Stored data
-- ===== src/Settings/Writes.antt =====
-- What `_write` does to the manager and to its file.
use mqtt_sentry.Base.{◌≡◌, ◌⊎◌, refl, true, false, some, List, [], ◌∷◌, arith}
use mqtt_sentry.Json.{JsonLib}
use mqtt_sentry.Settings.{ConfigManager, WriteResult, written, cannot_open, failed, Logic, Mqtt}
use mqtt_sentry.Settings.Manager.{
  write, config_json, update_both, update_logic_config, update_mqtt_config,
}

-- The same configuration.
pub record SameConfig (a b : ConfigManager) : Type 0 where
  pub loaded : a.loaded ≡ b.loaded
  pub tg : a.tg ≡ b.tg
  pub mqtt : a.mqtt ≡ b.mqtt
  pub logic : a.logic ≡ b.logic
  pub graphite : a.graphite ≡ b.graphite

module _ ⦃J : JsonLib⦄ where
  write-config_from :
      (writes : List WriteResult) (cm : ConfigManager)
      → cm.writes ≡ writes
      → SameConfig (write cm).0 cm
  unfolding write
  write-config_from [] cm e = ground arith
  write-config_from (written ∷ rest) cm e = ground arith
  write-config_from (cannot_open ∷ rest) cm e = ground arith
  write-config_from (failed text ∷ rest) cm e = ground arith

  -- A write, whether it succeeds or not, leaves the configuration in memory as it is.
  pub write-config : (cm : ConfigManager) → SameConfig (write cm).0 cm
  write-config cm = write-config_from cm.writes cm refl

  write-file_from :
      (writes : List WriteResult) (cm : ConfigManager)
      → cm.writes ≡ writes
      → (write cm).1 ≡ true
      → (write cm).0.file ≡ some (J.dump (config_json cm))
  unfolding write config_json
  write-file_from [] cm e h = ground arith
  write-file_from (written ∷ rest) cm e h = ground arith
  write-file_from (cannot_open ∷ rest) cm e h = ground arith
  write-file_from (failed text ∷ rest) cm e h = ground arith

  -- After a write that succeeds, the file holds the configuration.
  pub write-file :
      (cm : ConfigManager)
      → (write cm).1 ≡ true
      → (write cm).0.file ≡ some (J.dump (config_json cm))
  write-file cm h = write-file_from cm.writes cm refl h

  module _ (logic : Logic) (mqtt : Mqtt) (cm : ConfigManager) where
    -- Where both writes succeed, both parts are new and the others are kept.
    pub update_both-config :
        (update_both logic mqtt cm).1 ≡ true
        → SameConfig (update_both logic mqtt cm).0 (record cm { logic = logic; mqtt = mqtt })
    unfolding update_both update_logic_config update_mqtt_config
    update_both-config h =
        let cm1 = (write (record cm { logic = logic })).0 in
        ground (
          arith,
          write-config (record cm { logic = logic }),
          write-config (record cm1 { mqtt = mqtt }),
        )

    -- The topics change only with the machines: they are new or, where the first write fails, old.
    pub update_both-logic : (update_both logic mqtt cm).0.logic ≡ logic
    unfolding update_both update_logic_config update_mqtt_config
    update_both-logic =
        let cm1 = (write (record cm { logic = logic })).0 in
        ground (
          arith,
          write-config (record cm { logic = logic }),
          write-config (record cm1 { mqtt = mqtt }),
        )

    pub update_both_torn :
        (write (record cm { logic = logic })).1 ≡ false
        → ((update_both logic mqtt cm).1 ≡ false) × ((update_both logic mqtt cm).0.mqtt ≡ cm.mqtt)
    unfolding update_both update_logic_config update_mqtt_config
    update_both_torn h = ground (arith, write-config (record cm { logic = logic }))

    -- Whether the writes succeed or not, the MQTT part is the old one or the new one.
    pub update_both-mqtt :
        ((update_both logic mqtt cm).0.mqtt ≡ cm.mqtt) ⊎ ((update_both logic mqtt cm).0.mqtt ≡ mqtt)
    unfolding update_both update_logic_config update_mqtt_config
    update_both-mqtt =
        let cm1 = (write (record cm { logic = logic })).0 in
        ground (
          arith,
          write-config (record cm { logic = logic }),
          write-config (record cm1 { mqtt = mqtt }),
        )
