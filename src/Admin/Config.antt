-- ===== src/Admin/Config.antt =====
-- What the methods of ConfigManager that the dialogues of src/adminController.cpp call do to the
-- timeout.
use mqtt_sentry.Base.{
  ℕ, String, ◌≡◌, Bool, not, [], ◌∷◌, ◌++◌, arith, ◌==◌, nat_eq, string_eq, keep, insert, erase, ok,
  >>=-eq-ok,
}
use mqtt_sentry.Json.{JsonLib}
use mqtt_sentry.Settings.{ConfigManager, Logic, topic_exists, other_topics, machine_topic}
use mqtt_sentry.Settings.Manager.{
  update_logic_config, update_tg_config, add_user, remove_user, add_machine, remove_machine,
  add_error, rem_error, add_ex, rem_ex,
}
use mqtt_sentry.Settings.Writes.{write-config, update_both-logic}

module _ ⦃J : JsonLib⦄ (cm : ConfigManager) where
  pub update_logic_config-logic : (l : Logic) → (update_logic_config l cm).0.logic ≡ l
  unfolding update_logic_config
  update_logic_config-logic l = ground (arith, write-config (record cm { logic = l }))

  pub add_user-timeout : (u : ℕ) → (add_user u cm).0.logic.timeout ≡ cm.logic.timeout
  unfolding add_user update_tg_config
  add_user-timeout u =
      ground
        (arith, write-config (record cm { tg = record cm.tg { users = cm.tg.users ++ u ∷ [] } }))

  pub remove_user-timeout : (u : ℕ) → (remove_user u cm).0.logic.timeout ≡ cm.logic.timeout
  unfolding remove_user update_tg_config
  remove_user-timeout u = ground (
    arith,
    write-config
        (record cm { tg = record cm.tg { users = keep (λ it. not (it == u)) cm.tg.users } }),
  )

  pub add_error-timeout :
      (des : String) (code : ℕ) → (add_error code des cm).0.logic.timeout ≡ cm.logic.timeout
  unfolding add_error
  add_error-timeout des code =
      ground (
        arith,
        update_logic_config-logic (record cm.logic { code = insert code des cm.logic.code }),
      )

  pub rem_error-timeout : (code : ℕ) → (rem_error code cm).0.logic.timeout ≡ cm.logic.timeout
  unfolding rem_error
  rem_error-timeout code = rw (
      update_logic_config-logic
        (record cm.logic { code = keep (λ each. not (each.0 == code)) cm.logic.code }))

  pub add_ex-timeout : (code : ℕ) → (add_ex code cm).0.logic.timeout ≡ cm.logic.timeout
  unfolding add_ex
  add_ex-timeout code = rw (
      update_logic_config-logic
        (record cm.logic { disabled_codes = cm.logic.disabled_codes ++ code ∷ [] }))

  pub rem_ex-timeout : (code : ℕ) → (rem_ex code cm).0.logic.timeout ≡ cm.logic.timeout
  unfolding rem_ex
  rem_ex-timeout code = rw (
      update_logic_config-logic (record cm.logic {
        disabled_codes = keep (λ each. not (each == code)) cm.logic.disabled_codes;
      }))

  pub add_machine-timeout :
      (mid pseudo : String) (cm' : ConfigManager) (b : Bool)
      → add_machine mid pseudo cm ≡ ok (cm', b)
      → cm'.logic.timeout ≡ cm.logic.timeout
  unfolding add_machine
  add_machine-timeout mid pseudo cm' b h =
      let (exist, e, r) = >>=-eq-ok (topic_exists mid cm.mqtt.topic) _ h in
      ground (
        arith,
        update_both-logic (record cm.logic { machines = insert mid pseudo cm.logic.machines })
            (record cm.mqtt { topic = cm.mqtt.topic ++ machine_topic mid ∷ [] }) cm,
      )

  pub remove_machine-timeout :
      (mid : String) (cm' : ConfigManager) (b : Bool)
      → remove_machine mid cm ≡ ok (cm', b)
      → cm'.logic.timeout ≡ cm.logic.timeout
  unfolding remove_machine
  remove_machine-timeout mid cm' b h =
      let (temp, e, r) = >>=-eq-ok (other_topics mid cm.mqtt.topic) _ h in
      ground (
        arith,
        update_both-logic (record cm.logic { machines = erase mid cm.logic.machines })
            (record cm.mqtt { topic = temp }) cm,
      )
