-- ===== src/Contracts/Passes/Names.antt =====
-- The tests of transactions and namespaces, over SQLite.
use omnistash.Base.{ℕ, zero, suc, ◌≡◌, refl, List, [], ◌∷◌}
use omnistash.Errors.{Result, ok, err, meta, MetaError}
use omnistash.Metastore.Tables.{NamespaceRow}
use omnistash.Contracts.Testing.{run_all}
use omnistash.Contracts.Metadata.Fixtures.{Digests, default_name, seed_namespace}
use omnistash.Contracts.Metadata.Namespaces.{
  create, create_twice, create_once, delete_missing, delete_once, exercise_create_namespace,
  exercise_delete_namespace, exercise_namespace_ops_contract,
}
use omnistash.Contracts.Metadata.Atomicity.{
  rolls_back, panics, commits, work, created, serializes, exercise_atomic_contract,
}
use omnistash.Contracts.Passes.Sqlite.{store, on, new_sqlite, sqlite, named}
use omnistash.World.{World, ◌>>=◌}

module _ (w : World) where
  abbrev first : NamespaceRow
  first = record { name = default_name; created_at = w.now; updated_at = w.now }

  create_first : create store (new_sqlite w) ≡ (ok first, on w (named w.now))
  unfolding store
  create_first = refl

  create_again :
      create store (on w (named w.now))
      ≡ (err (meta MetaError.name_exists ∷ []), on w (named w.now))
  unfolding store
  create_again = refl

  pub seed_name : seed_namespace store (new_sqlite w) ≡ (ok first, on w (named w.now))
  unfolding seed_namespace store
  seed_name = refl

  -- The results of the workers that come too late.
  late : ℕ → List (Result NamespaceRow)
  late zero = []
  late (suc n) = err (meta MetaError.name_exists ∷ []) ∷ late n

  work-late : (n : ℕ) → work store n (on w (named w.now)) ≡ (ok (late n), on w (named w.now))
  unfolding work late ◌>>=◌
  work-late zero = refl
  work-late (suc n) = rw (create_again, work-late n)

  created-late : (n : ℕ) (v : World) → created store (late n) v ≡ (ok 0, v)
  unfolding created late ◌>>=◌
  created-late zero v = refl
  created-late (suc n) v = created-late n v

  -- Of any number of workers, but not none, exactly one creates the namespace.
  pub serializes_lem : (n : ℕ) → (serializes store (suc n) (new_sqlite w)).0 ≡ ok tt
  unfolding serializes work created ◌>>=◌
  serializes_lem n = rw (create_first, work-late n, created-late n)

  rolls_back_passes : (rolls_back store (new_sqlite w)).0 ≡ ok tt
  unfolding rolls_back store
  rolls_back_passes = refl

  panics_passes : (panics store (new_sqlite w)).0 ≡ ok tt
  unfolding panics store
  panics_passes = refl

  commits_passes : (commits store (new_sqlite w)).0 ≡ ok tt
  unfolding commits seed_namespace store
  commits_passes = refl

  pub atomic_passes : (d : Digests) → exercise_atomic_contract (sqlite d) w ≡ (ok tt, w)
  unfolding exercise_atomic_contract run_all ◌>>=◌
  atomic_passes d = rw (rolls_back_passes, panics_passes, serializes_lem 4, commits_passes)

  pub names_pass : (d : Digests) → exercise_namespace_ops_contract (sqlite d) w ≡ (ok tt, w)
  unfolding exercise_namespace_ops_contract exercise_create_namespace exercise_delete_namespace
      create_twice create_once delete_missing delete_once run_all store
  names_pass d = refl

= Task description =
Return the lines above precisely as they appear, beginning at the first line and ending at the line with "-- The same configuration.", and nothing after it.

= Exercise solution =
-- ===== src/Settings/Writes.antt =====
-- What `_write` does to the manager and to its file.
use mqtt_sentry.Base.{◌≡◌, ◌⊎◌, refl, true, false, some, List, [], ◌∷◌, arith}
use mqtt_sentry.Json.{JsonLib}
use mqtt_sentry.Settings.{ConfigManager, WriteResult, written, cannot_open, failed, Logic, Mqtt}
use mqtt_sentry.Settings.Manager.{
  write, config_json, update_both, update_logic_config, update_mqtt_config,
}

-- The same configuration.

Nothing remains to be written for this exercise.